AHİRETTE İLK ŞAHİTLER: KOMŞULARIMIZ!.. 

     " Allah'a ibadet edin ve O'na hiç bir şeyi ortak koşmayın! Ana babaya, yakınlara, yetimlere, yoksullara , yakın komşuya, uzak komşuya, yakın arkadaşa, yolcuya, sağ ellerinizin sahip olduklarına iyilik ( edin)! Şüphesiz ki Allah, kendini beğenmiş, övünüp duranı sevmez." ( Nisâ sûresi, âyet 36 ) 

     Zikredilen bu ayeti celileden yola çıkarak, gündemimiz, makalemizin ana teması komşuluk, iyi komşu, zararlı komşu hakkında olacaktır!.. 

     Ne yazık ki, bu günkü komşuluk ilişkilerimiz sıfır noktasındadır. Kimse kimseyi tanımıyor, tanımak istemiyor ve komşularının varlığından rahatsız olarak, onların yardımlarından uzak, ölüsünden, hastasından, propleminden. cenazesinden bile uzak bir yaşam tarzı tercih edilmektedir. 
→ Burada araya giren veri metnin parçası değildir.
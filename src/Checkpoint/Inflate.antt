-- ===== src/Checkpoint/Inflate.antt =====
-- The loop of `PtLoader::inflate_entry` of dee.cpp/src/pt_loader.cpp goes on at `Z_BUF_ERROR`, which
-- zlib answers where no progress is possible.
use dee.Prelude.{ℕ, zero, suc, ◌<◌, ◌≡◌, ◌≢◌, refl, sym, ◌∙◌, ◌⊎◌, some, [], ◌++◌, arith, inl, inr}
use mathlib.Core.Path.{subst}
use dee.Bytes.{Bytes}
use dee.Checkpoint.{unfinished}
use dee.Checkpoint.Ends.{Ended, Ended-ne}
use dee.Checkpoint.Zip.{
  Zlib, Status, z_ok, stream_end, buf_error, other_error, inflate_rounds, inflate_entry,
}

Status-cases :
    (s : Status) → (s ≡ z_ok) ⊎ ((s ≡ stream_end) ⊎ ((s ≡ buf_error) ⊎ (s ≡ other_error)))
Status-cases z_ok = inl refl
Status-cases stream_end = inr (inl refl)
Status-cases buf_error = inr (inr (inl refl))
Status-cases other_error = inr (inr (inr refl))

module _ (Z : Zlib) where
  open Z use {Stream, inflate_init, inflate}

  -- The stream behind a call.
  abbrev pub next : Stream → Stream
  next s = (inflate s).2

  inflate_rounds_again :
      (f : ℕ) (s : Stream) (out : Bytes)
      → ((inflate s).0 ≡ z_ok) ⊎ ((inflate s).0 ≡ buf_error)
      → inflate_rounds Z (suc f) s out ≡ inflate_rounds Z f (next s) (out ++ (inflate s).1)
  unfolding inflate_rounds
  inflate_rounds_again f s out (inl e) = rw (e, inflate_rounds) refl
  inflate_rounds_again f s out (inr e) = rw (e, inflate_rounds) refl

  -- After some rounds that make progress the stream is as said.
  abbrev pub After : (Stream → Type 0) → ℕ → Stream → Type 0
  After P zero s = P s
  After P (suc k) s = ((inflate s).0 ≡ z_ok) × After P k (next s)

  module _ (Stuck : Stream → Type 0)
      (stays : (s : Stream) → Stuck s → ((inflate s).0 ≡ buf_error) × Stuck (next s)) where
    stuck_rounds :
        (f : ℕ) (s : Stream) (out : Bytes) → Stuck s → inflate_rounds Z f s out ≡ unfinished
    stuck_rounds zero s out h = unfold inflate_rounds in refl
    stuck_rounds (suc f) s out h =
        inflate_rounds_again f s out (inr (stays s h).0)
        ∙ stuck_rounds f (next s) (out ++ (inflate s).1) (stays s h).1

    inflate_rounds-After :
        (k f : ℕ) (s : Stream) (out : Bytes)
        → After Stuck k s
        → inflate_rounds Z f s out ≡ unfinished
    inflate_rounds-After zero f s out h = stuck_rounds f s out h
    inflate_rounds-After (suc k) zero s out h = unfold inflate_rounds in refl
    inflate_rounds-After (suc k) (suc f) s out h =
        inflate_rounds_again f s out (inl h.0)
        ∙ inflate_rounds-After k f (next s) (out ++ (inflate s).1) h.1

  -- A compressed entry whose stream, after some calls with progress, makes none any more, as at the
  -- end of truncated data, is inflated for ever.
  pub inflate_entry_stalls :
      (Stuck : Stream → Type 0)
      → ((s : Stream) → Stuck s → ((inflate s).0 ≡ buf_error) × Stuck (next s))
      → (k fuel : ℕ) (src : Bytes) (s : Stream) → inflate_init src ≡ some s
      → After Stuck k s
      → inflate_entry Z fuel src ≡ unfinished
  unfolding inflate_entry
  inflate_entry_stalls Stuck stays k fuel src s e h =
      rw (e, inflate_entry) (inflate_rounds-After Stuck stays k fuel s [] h)

  module _ (left : Stream → ℕ)
      (progress : (s : Stream) → (inflate s).0 ≡ z_ok → left (next s) < left s)
      (goes_on : (s : Stream) → (inflate s).0 ≢ buf_error) where
    inflate_rounds-Ended :
        (f : ℕ) (s : Stream) (out : Bytes) → left s < f → Ended (inflate_rounds Z f s out)
    unfolding inflate_rounds
    inflate_rounds-Ended zero s out h = absurd (omega (arith, h))
    inflate_rounds-Ended (suc f) s out h = elim (Status-cases (inflate s).0) [
      | inl ok ↦
          subst Ended (sym (inflate_rounds_again f s out (inl ok))) (
            inflate_rounds-Ended f (next s) (out ++ (inflate s).1)
              (omega (arith, h, progress s ok)))
      | inr (inl e) ↦ rw (e, inflate_rounds) tt
      | inr (inr (inl e)) ↦ absurd (goes_on s e)
      | inr (inr (inr e)) ↦ rw (e, inflate_rounds) tt
    ]

  -- Where every call with progress leaves less to do, and none is without progress, the loop ends.
  inflate_entry_ends :
      (left : Stream → ℕ)
      → ((s : Stream) → (inflate s).0 ≡ z_ok → left (next s) < left s)
      → ((s : Stream) → (inflate s).0 ≢ buf_error)
      → (fuel : ℕ) (src : Bytes) (s : Stream) → inflate_init src ≡ some s
      → left s < fuel
      → inflate_entry Z fuel src ≢ unfinished
  unfolding inflate_entry
  inflate_entry_ends left progress goes_on fuel src s e h =
      rw (e, inflate_entry)
        (Ended-ne (inflate_rounds Z fuel s [])
          (inflate_rounds-Ended left progress goes_on fuel s [] h))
     Diğer taraftan, komşunun malına, mülküne, sınırına mütecavizlik yapmak, kendi bağını, bahçesini gözü gibi korur iken,komşusunun ğayri menkulünden geçinmek, barınmak gibi çirkinlikleri uyanıklık, açık gözlük sanmaktadırlar. 

      Dünkü komşuluk adabı ölmüş, yerine, uyanık, cimri, aç gözlü komşuluk almıştır. Kendi bahçesini gözü gibi korur iken, kimseleri bahçesine adım attırmazken, komşunun avlusunu, bahçesini kendi malı gibi, haksızca, utanmadan, iblisçe kullanmaktadır. 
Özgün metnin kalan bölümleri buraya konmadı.